Show HN: Weather data created by phones for machine learning classifier training - jacobsheehy
https://play.google.com/store/apps/details?id=com.allclearweather.android&show
======
jacobsheehy
I'm building 'virtual weather stations' out of disparate, unused data sources.

This effort is to create new data sources that describe our atmosphere. I
don't know if any of it will be useful but I cannot find much else out there
that is working towards this kind of effort. So here we are.

The main experiments I'm working on are 1) sky photos, 2) sensor data like
barometers in phones, and 3) user-submitted current weather.

1) Sky photos. I think that we can use a machine learning classifier that is
built from user-submitted labelled photos of the sky. We should be able to
them auto-tag weather data in the photos and get (numerically?) useful
historical weather data from all outdoor sky photos. Additionally live photos
could used to gain real-time information as well. Smartphone cameras are
getting really good and can detect significant detail.

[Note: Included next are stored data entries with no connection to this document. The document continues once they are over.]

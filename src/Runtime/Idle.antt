-- ===== src/Runtime/Idle.antt =====
-- What the threads of a runtime of src/runtime/edge_runtime.cpp do while nobody calls it: turns of the
-- liveness thread of src/cluster/membership_service.cpp and of the heartbeat.
use socrates.Prelude.{
  ℕ, ◌-◌, ◌/◌, ◌^◌, Bool, true, not, Option, none, some, List, [], ◌∷◌, Text, ltb,
}
use socrates.Types.{Result, ok, ◌>>=◌}
use socrates.Cluster.Membership.{MembershipService, liveness_round}
use socrates.Runtime.{EdgeRuntime, heartbeat_turn}

-- A turn with the time that it reads, and a token for a term that it might begin.
pub data Turn : Type 0 where
  liveness : ℕ → Turn
  heartbeat : Text → ℕ → Turn

abbrev pub aged_in : ℕ → Option MembershipService → Option MembershipService
aged_in time none = none
aged_in time (some m) = some (liveness_round m time)

abbrev pub aged : ℕ → EdgeRuntime → EdgeRuntime
aged time r = record r { membership = aged_in time r.membership }

unfoldable pub waited : List Turn → EdgeRuntime → Result EdgeRuntime
waited [] r = ok r
waited (liveness time ∷ turns) r = waited turns (aged time r)
waited (heartbeat token time ∷ turns) r = heartbeat_turn token time r >>= λ r'. waited turns r'

-- A turn within the ten seconds, cut to whole ones, in which a member that was seen is not suspected.
abbrev pub in_time : ℕ → Turn → Bool
in_time seen (liveness time) = not (ltb 10 ((time - seen) / 10 ^ 9))
in_time seen (heartbeat token time) = true
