module _ (id fingerprint : Text) (authenticate : PeerAdvertisement → Text → Result Text)
    (profile : CapabilityProfile) (now : ℕ) (named : is_empty id ≡ false) where
  abbrev provider : IdentityProvider
  provider = record { local_identity = ok id; authenticate = authenticate }

  abbrev alone : Member → ℕ → MembershipService
  alone m revision = record {
    identity_provider = some provider;
    has_callback = true;
    running = true;
    members = m ∷ [];
    snapshot_revision = revision;
    local_node_id = id;
    liveness_active = true;
  }

  abbrev said : Member → ℕ → MembershipService × List MembershipSnapshot
  said m revision = (alone m revision, build_snapshot (alone m revision) ∷ [])

  abbrev joins : Member
  joins = own_member id fingerprint joining none leech [] now

  abbrev lives : Member
  lives = own_member id fingerprint alive none leech [] now

  abbrev profiled : Member
  profiled = own_member id fingerprint alive (some profile) leech [] now

  abbrev ready_to_run : List ModelPresence → Member
  ready_to_run models = own_member id fingerprint alive (some profile) leech models now

  abbrev takes_part : List ModelPresence → Member
  takes_part models = own_member id fingerprint alive (some profile) participant models now

  observe-alone :
      admits (some provider) (local_peer id fingerprint) ≡ true
      → observe (started_membership provider) (local_peer id fingerprint) now ≡ ok (said joins 1)
  unfolding Membership.start Membership.initial observe find_member new_member
  observe-alone admitted = rw (named, admitted) refl

  promote-alone : promote_joining_members (alone joins 1) now ≡ ok (said lives 2)
  unfolding promote_joining_members promote
  promote-alone = refl

  update_capability-alone :
      profile.node_id ≡ id → update_capability (alone lives 2) profile ≡ ok (said profiled 3)
  unfolding update_capability find_member update_member set_capability text_eq build_snapshot
  update_capability-alone own =
      let same : text_eq id profile.node_id ≡ true = rw own (text_eq_refl id) in
      rw (same, same) refl

  update_model_presence-alone :
      (models : List ModelPresence)
      → update_model_presence (alone profiled 3) models ≡ ok (said (ready_to_run models) 4)
  unfolding update_model_presence set_models
  update_model_presence-alone models = refl

  update_local_role-alone :
      (models : List ModelPresence)
      → update_local_role (alone (ready_to_run models) 4) participant
        ≡ ok (said (takes_part models) 5)
  unfolding update_local_role find_member update_member set_role text_eq build_snapshot
  update_local_role-alone models = rw (text_eq_refl id, text_eq_refl id) refl

  abbrev own_leadership : Text → ℕ → LeadershipState
  own_leadership token time = record {
    leader_id = some id;
    fence = record { term = 1; token = token; membership_revision = 4 };
    locally_valid_until = time + 30 * 10 ^ 9;
  }

  -- The election of a cluster of one, which has seen a revision.
  abbrev leading : Text → Text → ℕ → ℕ → BullyElection
  leading cluster token time revision = record {
    local_node = id;
    cluster_id = cluster;
    has_term_store = true;
    has_callback = true;
    state = own_leadership token time;
    current_term = 1;
    membership_revision = 4;
    last_snapshot_revision = revision;
    fencing_token = token;
    running = true;
  }

  elect-alone :
      (cluster token : Text) (time : ℕ) (models : List ModelPresence)
      → told token time
          (build_snapshot (alone (ready_to_run models) 4) ∷ [])
          (started_election id cluster)
        ≡ leading cluster token time 4
  unfolding Election.start Election.initial update_membership alive_ids max_element elect
      build_snapshot
  elect-alone cluster token time models = refl

  stay-alone :
      (cluster token : Text) (time : ℕ) (models : List ModelPresence)
      → told token time
          (build_snapshot (alone (takes_part models) 5) ∷ [])
          (leading cluster token time 4)
        ≡ leading cluster token time 5
  unfolding update_membership alive_ids max_element build_snapshot text_eq
  stay-alone cluster token time models = rw (text_eq_refl id) refl

  module _ (admitted : admits (some provider) (local_peer id fingerprint) ≡ true)
      (own : profile.node_id ≡ id) where
    register_self-alone :
        (register_self (local_peer id fingerprint) profile now (started_membership provider)).0
        ≡ alone profiled 3
    unfolding register_self
    register_self-alone =
        rw (register_self, observe-alone admitted, promote-alone, update_capability-alone own) refl

    module _ (makes_registry transport_starts has_callback : Bool) (received_at : ℕ)
        (config : RuntimeConfig) where
      abbrev env : Environment
      env = record {
        identity_provider = provider;
        public_key_fingerprint = fingerprint;
        discovery = none;
        profile = ok profile;
        makes_registry = makes_registry;
        transport_starts = transport_starts;
        now = now;
      }

      abbrev started : EdgeRuntime
      started = record {
        state = ready;
        production_mode = config.production_mode;
        has_callback = has_callback;
        local_node_id = id;
        local_profile = profile;
        membership = some (alone profiled 3);
        election = some (started_election id config.cluster_id);
        pipeline = some (
            configured config id
              (make_inference_pipeline transport_starts (makes_registry || false)));
        has_discovery = true;
        has_transport = transport_starts;
        has_backend_registry = makes_registry || false;
        current_plan = none;
        local_models = [];
        local_role = if config.start_as_leech then leech else participant;
        heartbeat_active = true;
      }

      start-alone : (start env config has_callback (make_edge_runtime received_at)).0 ≡ started
      unfolding start make_edge_runtime finish_start
      start-alone =
          let given : is_empty profile.node_id ≡ false = rw own named in
          rw (given, register_self-alone) refl

      not_yet : is_local_leader started ≡ ok false
      unfolding is_local_leader current Election.start Election.initial
      not_yet = refl

      aged-started : (t : ℕ) → in_time now (liveness t) ≡ true → aged t started ≡ started
      unfolding liveness_round age age_revision
      aged-started t h = let fresh : ltb 10 ((t - now) / 10 ^ 9) ≡ false = off _ h in rw fresh refl

      heartbeat-started : (beat : Text) (t : ℕ) → heartbeat_turn beat t started ≡ ok started
      unfolding heartbeat_turn
      heartbeat-started beat t = rw not_yet refl

      waited-started :
          (turns : List Turn)
          → all_of (in_time now) turns ≡ true
          → waited turns started ≡ ok started
      unfolding waited
      waited-started [] h = refl
      waited-started (liveness t ∷ turns) h =
          let (soon, later) = both (in_time now (liveness t)) (all_of (in_time now) turns) h in
          ap (waited turns) (aged-started t soon) ∙ waited-started turns later
      waited-started (heartbeat beat t ∷ turns) h =
          ap (λ r. r >>= λ r'. waited turns r') (heartbeat-started beat t) ∙ waited-started turns h

      module _ (token : Text) (time : ℕ) where
        abbrev announced : EdgeRuntime
        announced = record started {
          membership = some (alone (takes_part simulated_models) 5);
          election = some (leading config.cluster_id token time 5);
        }

        announce_models-alone : announce_models token time simulated_models started ≡ ok announced
        unfolding announce_models
        announce_models-alone =
            rw
              (
                announce_models,
                update_model_presence-alone simulated_models,
                update_local_role-alone simulated_models,
                elect-alone config.cluster_id token time simulated_models,
                stay-alone config.cluster_id token time simulated_models,
              )
              refl

        abbrev taking_part : EdgeRuntime
        taking_part = record announced { local_models = simulated_models; local_role = participant }

        is_local_leader-alone : is_local_leader taking_part ≡ ok true
        unfolding is_local_leader current
        is_local_leader-alone = rw (text_eq_refl id) refl

        abbrev own_snapshot : MembershipSnapshot
        own_snapshot = build_snapshot (alone (takes_part simulated_models) 5)

        schedule_plan-alone :
            (host : Host) (published : Option (Result ManifestSummary))
            → schedule_plan host published taking_part
              ≡ ok (
                  adopt taking_part (
                    create_plan host
                      (scheduling_input published own_snapshot (own_leadership token time).fence)))
        unfolding schedule_plan Membership.snapshot current
        schedule_plan-alone host published = refl

        emit_snapshot-alone :
            (planned : Result PipelinePlan) (has_callback : Bool)
            → (out : List RuntimeSnapshot) × (emit_snapshot
                  (record (adopt taking_part planned).0 { has_callback = has_callback })
                ≡ ok out)
        unfolding emit_snapshot runtime_snapshot Membership.snapshot current
        emit_snapshot-alone (ok plan) true = (_, refl)
        emit_snapshot-alone (err e) true = (_, refl)
        emit_snapshot-alone (ok plan) false = ([], refl)
        emit_snapshot-alone (err e) false = ([], refl)

        emitted-alone :
            (planned : Result PipelinePlan)
            → (out : List RuntimeSnapshot) × (emit_snapshot (adopt taking_part planned).0 ≡ ok out)
        emitted-alone (ok plan) = emit_snapshot-alone (ok plan) has_callback
        emitted-alone (err e) = emit_snapshot-alone (err e) has_callback

        leads-alone :
            (planned : Result PipelinePlan)
            → (is_local_leader (adopt taking_part planned).0 ≡ ok true)
              × ((adopt taking_part planned).0.current_plan ≡ plan_of planned)
        unfolding is_local_leader current
        leads-alone (ok plan) = (rw (text_eq_refl id) refl, refl)
        leads-alone (err e) = (rw (text_eq_refl id) refl, refl)

        joined-alone :
            (host : Host) (published : Option (Result ManifestSummary))
            → config.production_mode ≡ false
            → let planned =
                create_plan host
                  (scheduling_input published own_snapshot (own_leadership token time).fence) in
              join_cluster host published token time started false
              ≡ ok (
                (adopt taking_part planned).0,
                (adopt taking_part planned).1,
                (emitted-alone planned).0,
              )
        unfolding join_cluster
        joined-alone host published h =
            let planned =
              create_plan host
                (scheduling_input published own_snapshot (own_leadership token time).fence) in
            let sends : (config.production_mode && not transport_starts) ≡ false =
              ground (arith, h) in
            let runs : (config.production_mode && not (makes_registry || false)) ≡ false =
              ground (arith, h) in
            rw
              (
                join_cluster,
                sends,
                runs,
                announce_models-alone,
                is_local_leader-alone,
                schedule_plan-alone host published,
                (emitted-alone planned).1,
              )
              refl

        -- A node with a name and a profile of its own, which its identity provider admits, starts outside
        -- of production mode and joins, and in between its discovery finds nobody, not even itself, no
        -- other call is made, and its own threads take any turns, those of the liveness thread no later
        -- than ten seconds, cut to whole ones, after the start; none is taken while it joins. After the
        -- start the node leads nothing yet, since the election has seen no member. Joining succeeds, with
        -- or without the transport and the backends; when it returns the node is the leader, and its
        -- plan is what the scheduler makes of the node alone, taking part and with the models, or none
        -- where the scheduler refuses.
        pub join_cluster-alone :
            (host : Host) (published : Option (Result ManifestSummary)) (turns : List Turn)
            → config.production_mode ≡ false
            → all_of (in_time now) turns ≡ true
            → let r = (start env config has_callback (make_edge_runtime received_at)).0 in
              (is_local_leader r ≡ ok false)
              × (r' : EdgeRuntime) × (saved : List PipelinePlan) × (out : List RuntimeSnapshot)
              × ((waited turns r >>= λ w. join_cluster host published token time w false)
                  ≡ ok (r', saved, out))
              × (is_local_leader r' ≡ ok true)
              × (r'.current_plan
                  ≡ plan_of (
                      create_plan host (
                        scheduling_input published own_snapshot (own_leadership token time).fence)))
        unfolding is_local_leader current Election.start Election.initial
        join_cluster-alone host published turns h soon =
            let planned =
              create_plan host
                (scheduling_input published own_snapshot (own_leadership token time).fence) in
            let (leads, has_plan) = leads-alone planned in
            rw start-alone (
              refl,
              (adopt taking_part planned).0,
              (adopt taking_part planned).1,
              (emitted-alone planned).0,
              rw (waited-started turns soon) (joined-alone host published h),
              leads,
              has_plan,
            )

2) Most phones have a barometer now, other sensors as well like hygrometers
etc. This data needs major QC and protection for user privacy and for
preparation for integration and assimilation into models like WRF. This is a
ways off but research has been done already here and there can be significant
progress with good quality data. Here is what data from a single phone in
Colorado looks like spanning a day or so:
[https://imgur.com/a/45lTZ6j](https://imgur.com/a/45lTZ6j). The sensor code
for Android is open source to encourage other apps and make the process of
collecting atmosphere data from smartphones much easier. [2]

3) Current conditions reporting. I found that MADIS stations don't update
frequently enough to keep track of rapidly changing weather events. Users can
submit current conditions and an algorithm picks which to show based on
recency, trust, and other metrics. So far it can create a more accurate
current conditions experience for the user.

I have taken significant effort to show the weather data from NOAA in a clear
and readable way. The large graphics and animations have significant logic
code behind them to attempt to most appropriately display the conditions
described by MADIS stations. For example, even when most APIs will return a
thunderstorm icon for a 30% chance (I find that misleading) All Clear takes an
approach of showing a faded flashing bolt with a clear indication that it is
'chance'.

Other efforts are made to improve weather data communication, such as
automatically converting text forecasts to units set by the user. It's not
simple! But it is a useful thing for users. (See this forecast API
result:[https://api.weather.gov/gridpoints/OKX/33,37/forecast/](https://api.weather.gov/gridpoints/OKX/33,37/forecast/)
for example). It has text forecast only in US units and I don't see any
options to change it otherwise.

Thanks!

[2]
[https://github.com/JacobSheehy/AllClearSensorLibrary](https://github.com/JacobSheehy/AllClearSensorLibrary)